To compute the transaction price, calculate the expected performance bonus using the provided probabilities of completion and sum it with the contract price. The calculation gives an expected performance bonus of $48,760 and a transaction price of $260,760 for Concrete Always's contract with Dakota Golf Club.

Step-by-step explanation:

To determine the transaction price for the agreement between Concrete Always and Dakota Golf Club, it is necessary to calculate the expected performance bonus using probability estimations provided by Mark Heun, the president of Concrete Always.
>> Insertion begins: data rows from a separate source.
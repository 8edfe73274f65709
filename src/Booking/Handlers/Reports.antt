-- ===== src/Booking/Handlers/Reports.antt =====
-- What an answer or an error of ReportNoShow says of the tables
-- (services/booking-service/internal/service/booking_service_impl.go).
use tissi_mah.Prelude.{
  ℤ, ◌+ℤ◌, ltb_ℤ, String, str_eq, true, false, not, ◌&&◌, ◌||◌, Option, none, some, ◌≡◌, refl, sym,
  ap, ◌∙◌, if_rule, if_cases,
}
use tissi_mah.Prelude.Result.{Result, ok, err}
use tissi_mah.Booking.Domain.{Booking, Error}
use tissi_mah.Booking.Store.{Tables, Db, find_row}
use tissi_mah.Booking.Store.Transaction.{Outcome, effect, change_booking-Outcome}
use tissi_mah.Booking.Creation.{World}
use tissi_mah.Booking.Repository.NoShow
use tissi_mah.Booking.Repository.NoShow.{decide_report_no_show}
use tissi_mah.Booking.Handlers.{
  Reply, release_after, change_and_release, can_report_no_show, no_show_report_delay,
  no_show_report_window, check_no_show_reportable, if_reportable, reported, report_no_show,
}
use tissi_mah.Booking.Handlers.Outcome.{read_rule}

-- a report in the window after the pickup
abbrev InTime : ℤ → Option ℤ → Type 0
InTime now o =
    (pickup : ℤ) × (o ≡ some pickup)
    × (ltb_ℤ now (pickup +ℤ no_show_report_delay) ≡ false)
    × (ltb_ℤ (pickup +ℤ no_show_report_window) now ≡ false)

check-InTime : (now : ℤ) (o : Option ℤ) → check_no_show_reportable now o ≡ ok tt → InTime now o
unfolding check_no_show_reportable
check-InTime now none e = cc
check-InTime now (some pickup) e =
    if_cases Passes (ltb_ℤ now (pickup +ℤ no_show_report_delay)) (λ _ f. cc)
      (λ begun.
        if_cases Passes (ltb_ℤ (pickup +ℤ no_show_report_window) now) (λ _ f. cc)
          (λ open_still f. (pickup, refl, begun, open_still)))
      e
  where
    Passes : Result Error (Unit {0}) → Type 0
    Passes r = r ≡ ok tt → InTime now (some pickup)

-- An error leaves the tables as they were; an answer is of a booking that the reporter takes part in,
-- as the other party, within the window after its pickup, and the tables are as the report makes them.
abbrev pub Reported :
    (Booking → Option ℤ)
    → ℤ
    → String
    → String
    → String
    → String
    → Tables
    → Reply (Unit {0})
    → Type 0
Reported pickup_of now id reporter no_show_type description t (err e, w) = w.db.tables ≡ t
Reported pickup_of now id reporter no_show_type description t (ok _, w) =
    (b : Booking) × (find_row id t.bookings ≡ some b)
    × (can_report_no_show b reporter no_show_type ≡ true)
    × InTime now (pickup_of b)
    × (effect now id (decide_report_no_show now id reporter no_show_type description) t
        ≡ ok w.db.tables)

module _ (pickup_of : Booking → Option ℤ) (now : ℤ)
    (id reporter no_show_type description : String) where
  written :
      (b : Booking) (t : Tables) (w : World) (reply : Result Error (Unit {0}) × Db)
      → find_row id t.bookings ≡ some b
      → can_report_no_show b reporter no_show_type ≡ true
      → InTime now (pickup_of b)
      → w.db.tables ≡ t
      → Outcome w.db.tables
          (λ _ u.
            effect now id
              (decide_report_no_show now id reporter no_show_type description)
              w.db.tables
            ≡ ok u)
          reply
      → Reported pickup_of now id reporter no_show_type description t (release_after b w reply)
  written b t w (err e, db) here other timely same done = done ∙ same
  written b t w (ok _, db) here other timely same done = (
    b,
    here,
    other,
    timely,
    ap (effect now id (decide_report_no_show now id reporter no_show_type description)) (sym same)
        ∙ done,
  )

  checked :
      (b : Booking) (t : Tables) (w : World) (next : Reply (Unit {0}))
      (check : Result Error (Unit {0}))
      → w.db.tables ≡ t
      → (check ≡ ok tt → Reported pickup_of now id reporter no_show_type description t next)
      → Reported pickup_of now id reporter no_show_type description t (if_reportable w next check)
  checked b t w next (err e) same k = same
  checked b t w next (ok _) same k = k refl

  -- ReportNoShow: an error leaves the tables as they were; after an answer the booking was there, its
  -- driver has reported the passenger or its passenger the driver, no less than 15 minutes and no more than
  -- three hours after the pickup, whose time trips-service knows, and the tables are exactly as the
  -- decision on this booking says.
  pub report_no_show-Reported :
      (w : World)
      → Reported pickup_of now id reporter no_show_type description w.db.tables
          (report_no_show pickup_of now id reporter no_show_type description w)
  unfolding report_no_show NoShow.report_no_show
  report_no_show-Reported w =
      if_rule R (str_eq id "" || str_eq reporter "" || str_eq no_show_type "") refl (
        if_rule R (not (str_eq no_show_type "driver") && not (str_eq no_show_type "passenger")) refl
          (read_rule R w (reported pickup_of now id reporter no_show_type description) id
            (λ e w' same. same)
            (λ b w' here same.
              if_cases R (can_report_no_show b reporter no_show_type)
                (λ other.
                  checked b w.db.tables w'
                    (change_and_release
                      (NoShow.report_no_show now id reporter no_show_type description) b w')
                    (check_no_show_reportable now (pickup_of b)) same
                    (λ passed.
                      written b w.db.tables w'
                        (NoShow.report_no_show now id reporter no_show_type description w'.db) here
                        other (check-InTime now (pickup_of b) passed) same
                        (change_booking-Outcome now id
                          (decide_report_no_show now id reporter no_show_type description) w'.db)))
                (λ _. same))))
    where
      R : Reply (Unit {0}) → Type 0
      R = Reported pickup_of now id reporter no_show_type description w.db.tables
The formula to calculate the transaction price is:

Transaction Price = Contract Price + (Probability of On Time Completion x On Time Bonus) + (Probability of One Week Late x One Week Late Bonus) + (Probability of Two Weeks Late x Two Week Late Bonus)

Given the data:

  • Contract Price = $212,000
  • Performance Bonus if On Time = $42,400
  • Bonus increase per week = $10,600
  • Probability On Time = 55%
  • Probability One Week Late = 30%
  • Probability Two Weeks Late = 15%

We calculate the expected bonus:

  • On Time Bonus = 55% * $42,400 = $23,320
  • One Week Late Bonus = 30% * ($42,400 + $10,600) = 30% * $53,000 = $15,900
  • Two Weeks Late Bonus = 15% * ($42,400 + $10,600 + $10,600) = 15% * $63,600 = $9,540

Summing these values gives us the expected performance bonus. The total expected performance bonus is $23,320 (On Time) + $15,900 (One Week Late) + $9,540 (Two Weeks Late) = $48,760.

Thus, the transaction price Concrete Always should compute is:

Transaction Price = $212,000 (Contract Price) + $48,760 (Expected Performance Bonus) = $260,760.